Jay Elliot, director of the Edison Department of Health and Human Services, said in conjunction with FDA regulations, the township requires routine training for restaurants every two years. The training also includes Chartwells Food Service, which provides food for the Edison Township School District.

“We have this process and this [ordinance] is a great way to take it to the next level,” he said.

Elliot said that in 2010, when food regulations changed, department employees brought restaurant owners together to address regulation changes. With the proposed ordinance, he said municipal officials will do the same thing, as well as do a mailing and follow up.

“We will do an in-person training to ensure that everyone fully understands what they will be held accountable for,” he said.

Elliot said a lot of chain restaurants already have their menus online and indicate the eight different food allergens.

“We need to get to the mom and pops … the sub shops, the Chinese restaurants,” he said. “That is the challenge.”

Joshi said the ordinance would only require one menu to be on hand providing a list of the food allergens.

Councilman Joseph Coyle asked if an insert into a Chinese restaurant menu, which is distributed to homes, is sufficient.

Joshi said that would be sufficient.

Council Vice President Leonard Sendelsky thanked Joshi for adding sulfites into the ordinance.

“I almost lost my wife on my honeymoon [because of sulfites],” he said. “She went into anaphylactic shock and until you see something like that you don’t understand. I didn’t completely understand [at the time] and I needed help quick with a doctor.
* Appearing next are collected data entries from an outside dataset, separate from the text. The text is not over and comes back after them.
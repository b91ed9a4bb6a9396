-- ===== src/Ider.antt =====
-- IDE redirection (ider/).
pub mod Codec
pub mod Scsi
pub mod State
pub mod Answers
pub mod Commands
pub mod Session
mod Tests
Thankfully, in the Bahamas, there was a doctor who saved my wife’s life.”

Sendelsky, who said his son-in-law is allergic to shellfish, said he appreciates the ordinance.

Councilman Robert Diehl applauded Joshi on his efforts with the ordinance.
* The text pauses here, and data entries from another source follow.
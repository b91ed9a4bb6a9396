-- ===== src/Wire.antt =====
-- Little-endian words on the wire: pack16Le, pack32Le, read16Le and read32Le of
-- ider/src/ider_codec.cpp, which redir/src/redir_codec.cpp has once more. A byte is a number below
-- 256; a read past the end, which the callers rule out, gives 0.
use mesh_commander.Prelude.{
  ℕ, ◌+◌, ◌*◌, ◌/◌, ◌%◌, ◌^◌, ◌≤◌, ◌<◌, ◌≡◌, ◌∙◌, List, [], ◌∷◌, ◌++◌, Option, some, length, get_or,
  arith, get_or-append_left, bit_and, bit_or, bit_or_high, bit_and_mask,
}

-- `<<` and `>>`.
abbrev pub shl : ℕ → ℕ → ℕ
shl a k = a * 2 ^ k

abbrev pub shr : ℕ → ℕ → ℕ
shr a k = a / 2 ^ k

unfoldable pub pack16_le : ℕ → List ℕ
pack16_le v = bit_and v 0xFF ∷ bit_and (shr v 8) 0xFF ∷ []

unfoldable pub pack32_le : ℕ → List ℕ
pack32_le v =
    bit_and v 0xFF ∷ bit_and (shr v 8) 0xFF ∷ bit_and (shr v 16) 0xFF ∷ bit_and (shr v 24) 0xFF ∷ []

unfoldable pub read16_le : List ℕ → ℕ → ℕ
read16_le v off = bit_or (get_or v off 0) (shl (get_or v (off + 1) 0) 8) % 2 ^ 16

unfoldable pub read32_le : List ℕ → ℕ → ℕ
read32_le v off =
    bit_or
      (bit_or (bit_or (get_or v off 0) (shl (get_or v (off + 1) 0) 8))
        (shl (get_or v (off + 2) 0) 16))
      (shl (get_or v (off + 3) 0) 24)
    % 2 ^ 32

abbrev pub AllBytes : List ℕ → Type 0
AllBytes [] = Unit {0}
AllBytes (b ∷ bytes) = (b < 256) × AllBytes bytes

join16 : (a b : ℕ) → a < 256 → b < 256 → bit_or a (shl b 8) % 2 ^ 16 ≡ a + b * 256
join16 a b ha hb = omega (arith, bit_or_high 8 a b ha)

join32 :
    (a b c d : ℕ)
    → a < 256
    → b < 256
    → c < 256
    → d < 256
    → bit_or (bit_or (bit_or a (shl b 8)) (shl c 16)) (shl d 24) % 2 ^ 32
      ≡ a + b * 2 ^ 8 + c * 2 ^ 16 + d * 2 ^ 24
join32 a b c d ha hb hc hd =
    rw
      (
        bit_or_high 8 a b ha,
        bit_or_high 16 (a + b * 256) c (omega arith),
        bit_or_high 24 (a + b * 256 + c * 65536) d (omega arith),
      )
      (omega arith)

mask8 : (v : ℕ) → bit_and v 0xFF ≡ v % 256
mask8 v = bit_and_mask 8 v

pub pack16_le-AllBytes : (v : ℕ) → AllBytes (pack16_le v)
unfolding pack16_le
pack16_le-AllBytes v = omega (arith, mask8 v, mask8 (shr v 8))

pub pack32_le-AllBytes : (v : ℕ) → AllBytes (pack32_le v)
unfolding pack32_le
pack32_le-AllBytes v = omega (arith, mask8 v, mask8 (shr v 8), mask8 (shr v 16), mask8 (shr v 24))

-- Reading back what was packed, at the front of a buffer.
pub read16_le-pack16_le :
    (v : ℕ) (rest : List ℕ) → v < 2 ^ 16 → read16_le (pack16_le v ++ rest) 0 ≡ v
unfolding read16_le pack16_le
read16_le-pack16_le v rest h =
    join16 (bit_and v 0xFF) (bit_and (shr v 8) 0xFF) (omega (arith, mask8 v))
      (omega (arith, mask8 (shr v 8)))
    ∙ omega (arith, mask8 v, mask8 (shr v 8))

pub read32_le-pack32_le :
    (v : ℕ) (rest : List ℕ) → v < 2 ^ 32 → read32_le (pack32_le v ++ rest) 0 ≡ v
unfolding read32_le pack32_le
read32_le-pack32_le v rest h =
    join32 (bit_and v 0xFF) (bit_and (shr v 8) 0xFF) (bit_and (shr v 16) 0xFF)
      (bit_and (shr v 24) 0xFF) (omega (arith, mask8 v)) (omega (arith, mask8 (shr v 8)))
      (omega (arith, mask8 (shr v 16))) (omega (arith, mask8 (shr v 24)))
    ∙ omega (arith, mask8 v, mask8 (shr v 8), mask8 (shr v 16), mask8 (shr v 24))

-- The value of the bytes that stand at `off`.
pub read16_le_value :
    (buffer : List ℕ) (off a b : ℕ)
    → get_or buffer off 0 ≡ a
    → get_or buffer (off + 1) 0 ≡ b
    → a < 256
    → b < 256
    → read16_le buffer off ≡ a + b * 256
unfolding read16_le
read16_le_value buffer off a b p q ha hb = rw (p, q) (join16 a b ha hb)

-- A word that lies inside a buffer is not changed by what follows the buffer.
pub read16_le-append :
    (buffer more : List ℕ) (off : ℕ)
    → off + 2 ≤ length buffer
    → read16_le (buffer ++ more) off ≡ read16_le buffer off
unfolding read16_le
read16_le-append buffer more off h = rw (
  get_or-append_left buffer more off 0 (omega arith),
  get_or-append_left buffer more (off + 1) 0 (omega arith),
)

pub read32_le-append :
    (buffer more : List ℕ) (off : ℕ)
    → off + 4 ≤ length buffer
    → read32_le (buffer ++ more) off ≡ read32_le buffer off
unfolding read32_le
read32_le-append buffer more off h = rw (
  get_or-append_left buffer more off 0 (omega arith),
  get_or-append_left buffer more (off + 1) 0 (omega arith),
  get_or-append_left buffer more (off + 2) 0 (omega arith),
  get_or-append_left buffer more (off + 3) 0 (omega arith),
)

-- What is true of a parser of frames that arrive in pieces: it takes no more than is there, and a
-- frame that it has found stays found when more bytes arrive.
abbrev pub IsStreaming {ℓ} : {A : Type ℓ} → (List ℕ → Option (A × ℕ)) → Type ℓ
IsStreaming {A = A} parse =
    (buffer more : List ℕ) (a : A) (consumed : ℕ)
    → parse buffer ≡ some (a, consumed)
    → (consumed ≤ length buffer) × (parse (buffer ++ more) ≡ some (a, consumed))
“I am 100 percent in favor of the ordinance,” he said, adding there is no room for error when dealing with food allergies. “I’m a person who deals with this in my day-to-day livelihood and I take it extremely seriously.”
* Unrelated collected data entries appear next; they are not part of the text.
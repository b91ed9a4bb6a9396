-- ===== src/Ider/Scsi.antt =====
-- ider/include/ider/scsi.h and ider/src/scsi.cpp: the big-endian fields of SCSI, and the fixed answers
-- to MODE SENSE and GET CONFIGURATION.
pub mod Fields
use mesh_commander.Prelude.{ℕ, ◌+◌, ◌%◌, ◌^◌, List, [], ◌∷◌, get_or, bit_and, bit_or}
use mesh_commander.Wire.{shl, shr}

-- The opcodes.
abbrev pub op_test_unit_ready : ℕ
op_test_unit_ready = 0x00

abbrev pub op_read6 : ℕ
op_read6 = 0x08

abbrev pub op_write6 : ℕ
op_write6 = 0x0A

abbrev pub op_mode_sense6 : ℕ
op_mode_sense6 = 0x1A

abbrev pub op_start_stop : ℕ
op_start_stop = 0x1B

abbrev pub op_allow_medium_removal : ℕ
op_allow_medium_removal = 0x1E

abbrev pub op_read_format_capacities : ℕ
op_read_format_capacities = 0x23

abbrev pub op_read_capacity : ℕ
op_read_capacity = 0x25

abbrev pub op_read10 : ℕ
op_read10 = 0x28

abbrev pub op_write10 : ℕ
op_write10 = 0x2A

abbrev pub op_write_and_verify : ℕ
op_write_and_verify = 0x2E

abbrev pub op_read_toc : ℕ
op_read_toc = 0x43

abbrev pub op_get_configuration : ℕ
op_get_configuration = 0x46

abbrev pub op_get_event_status : ℕ
op_get_event_status = 0x4A

abbrev pub op_mode_select10 : ℕ
op_mode_select10 = 0x55

abbrev pub op_mode_sense10 : ℕ
op_mode_sense10 = 0x5A

abbrev pub op_read_disc_info : ℕ
op_read_disc_info = 0x51

unfoldable pub mode_sense_cd_1a : List ℕ
mode_sense_cd_1a =
    0x00 ∷ 0x12 ∷ 0x01 ∷ 0x80 ∷ 0x00 ∷ 0x00 ∷ 0x00 ∷ 0x00 ∷ 0x1A ∷ 0x0A ∷ 0x00 ∷ 0x00 ∷ 0x00 ∷ 0x00
    ∷ 0x00 ∷ 0x00 ∷ 0x00 ∷ 0x00 ∷ 0x00 ∷ 0x00 ∷ []

unfoldable pub mode_sense_cd_1d : List ℕ
mode_sense_cd_1d =
    0x00 ∷ 0x12 ∷ 0x01 ∷ 0x80 ∷ 0x00 ∷ 0x00 ∷ 0x00 ∷ 0x00 ∷ 0x1D ∷ 0x0A ∷ 0x00 ∷ 0x00 ∷ 0x00 ∷ 0x00
    ∷ 0x00 ∷ 0x00 ∷ 0x00 ∷ 0x00 ∷ 0x00 ∷ 0x00 ∷ []

unfoldable pub mode_sense_cd_2a : List ℕ
mode_sense_cd_2a =
    0x00 ∷ 0x20 ∷ 0x01 ∷ 0x80 ∷ 0x00 ∷ 0x00 ∷ 0x00 ∷ 0x00 ∷ 0x2A ∷ 0x18 ∷ 0x00 ∷ 0x00 ∷ 0x00 ∷ 0x00
    ∷ 0x20 ∷ 0x00 ∷ 0x00 ∷ 0x00 ∷ 0x00 ∷ 0x00 ∷ 0x00 ∷ 0x80 ∷ 0x00 ∷ 0x00 ∷ 0x00 ∷ 0x00 ∷ 0x00
    ∷ 0x00 ∷ 0x00 ∷ 0x00 ∷ 0x00 ∷ 0x00 ∷ 0x00 ∷ 0x00 ∷ []

unfoldable pub mode_sense_cd_3f : List ℕ
mode_sense_cd_3f =
    0x00 ∷ 0x28 ∷ 0x01 ∷ 0x80 ∷ 0x00 ∷ 0x00 ∷ 0x00 ∷ 0x00 ∷ 0x01 ∷ 0x06 ∷ 0x00 ∷ 0xFF ∷ 0x00 ∷ 0x00
    ∷ 0x00 ∷ 0x00 ∷ 0x2A ∷ 0x18 ∷ 0x00 ∷ 0x00 ∷ 0x00 ∷ 0x00 ∷ 0x02 ∷ 0x00 ∷ 0x00 ∷ 0x00 ∷ 0x00
    ∷ 0x00 ∷ 0x00 ∷ 0x80 ∷ 0x00 ∷ 0x00 ∷ 0x00 ∷ 0x00 ∷ 0x00 ∷ 0x00 ∷ 0x00 ∷ 0x00 ∷ 0x00 ∷ 0x00
    ∷ 0x00 ∷ 0x00 ∷ []

unfoldable pub mode_sense_cd_error_recovery : List ℕ
mode_sense_cd_error_recovery =
    0x00 ∷ 0x0E ∷ 0x01 ∷ 0x80 ∷ 0x00 ∷ 0x00 ∷ 0x00 ∷ 0x00 ∷ 0x01 ∷ 0x06 ∷ 0x00 ∷ 0xFF ∷ 0x00 ∷ 0x00
    ∷ 0x00 ∷ 0x00 ∷ []

unfoldable pub config_profile_list : List ℕ
config_profile_list = 0x00 ∷ 0x00 ∷ 0x03 ∷ 0x04 ∷ 0x00 ∷ 0x08 ∷ 0x01 ∷ 0x00 ∷ []

unfoldable pub config_core : List ℕ
config_core = 0x00 ∷ 0x01 ∷ 0x03 ∷ 0x04 ∷ 0x00 ∷ 0x00 ∷ 0x00 ∷ 0x02 ∷ []

unfoldable pub config_morphing : List ℕ
config_morphing = 0x00 ∷ 0x02 ∷ 0x03 ∷ 0x04 ∷ 0x00 ∷ 0x00 ∷ 0x00 ∷ 0x00 ∷ []

unfoldable pub config_removable : List ℕ
config_removable = 0x00 ∷ 0x03 ∷ 0x03 ∷ 0x04 ∷ 0x29 ∷ 0x00 ∷ 0x00 ∷ 0x02 ∷ []

unfoldable pub config_random : List ℕ
config_random =
    0x00 ∷ 0x10 ∷ 0x01 ∷ 0x08 ∷ 0x00 ∷ 0x00 ∷ 0x08 ∷ 0x00 ∷ 0x00 ∷ 0x01 ∷ 0x00 ∷ 0x00 ∷ []

unfoldable pub config_read : List ℕ
config_read = 0x00 ∷ 0x1E ∷ 0x03 ∷ 0x00 ∷ []

unfoldable pub config_power_management : List ℕ
config_power_management = 0x01 ∷ 0x00 ∷ 0x03 ∷ 0x00 ∷ []

unfoldable pub config_timeout : List ℕ
config_timeout = 0x01 ∷ 0x05 ∷ 0x03 ∷ 0x00 ∷ []

unfoldable pub read_be16 : List ℕ → ℕ → ℕ
read_be16 b off = bit_or (shl (get_or b off 0) 8 % 2 ^ 16) (get_or b (off + 1) 0)

unfoldable pub read_be32 : List ℕ → ℕ → ℕ
read_be32 b off =
    bit_or
      (bit_or (bit_or (shl (get_or b off 0) 24 % 2 ^ 32) (shl (get_or b (off + 1) 0) 16))
        (shl (get_or b (off + 2) 0) 8))
      (get_or b (off + 3) 0)

unfoldable pub pack_be32 : ℕ → List ℕ
pack_be32 v =
    bit_and (shr v 24) 0xFF ∷ bit_and (shr v 16) 0xFF ∷ bit_and (shr v 8) 0xFF ∷ bit_and v 0xFF ∷ []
Diehl said his next thought is implementation that makes sense for everybody.

“[It has to be] fair to the businesses … and sensible for people who patronize the business so they understand the information we are trying to put out there,” he said.

Diehl said a buffet line with signs everywhere is unattractive and confusing.

Shaban Hani, manager at Villa Gennaros, an Italian restaurant on Lincoln Highway, said identifying allergen information on the menu assures clear communication between the restaurant’s staff and customers.

“It serves as a tool to both educate and inform,” he said. “We are a family run business [for more than 16 years] and our customers are like our extended family. We want them to feel like they are at home when they dine with us.”

Hani said his staff takes a lot of pride in their service and the ordinance will allow them to take it to the next level.

“We are excited to move forward with it,” he said.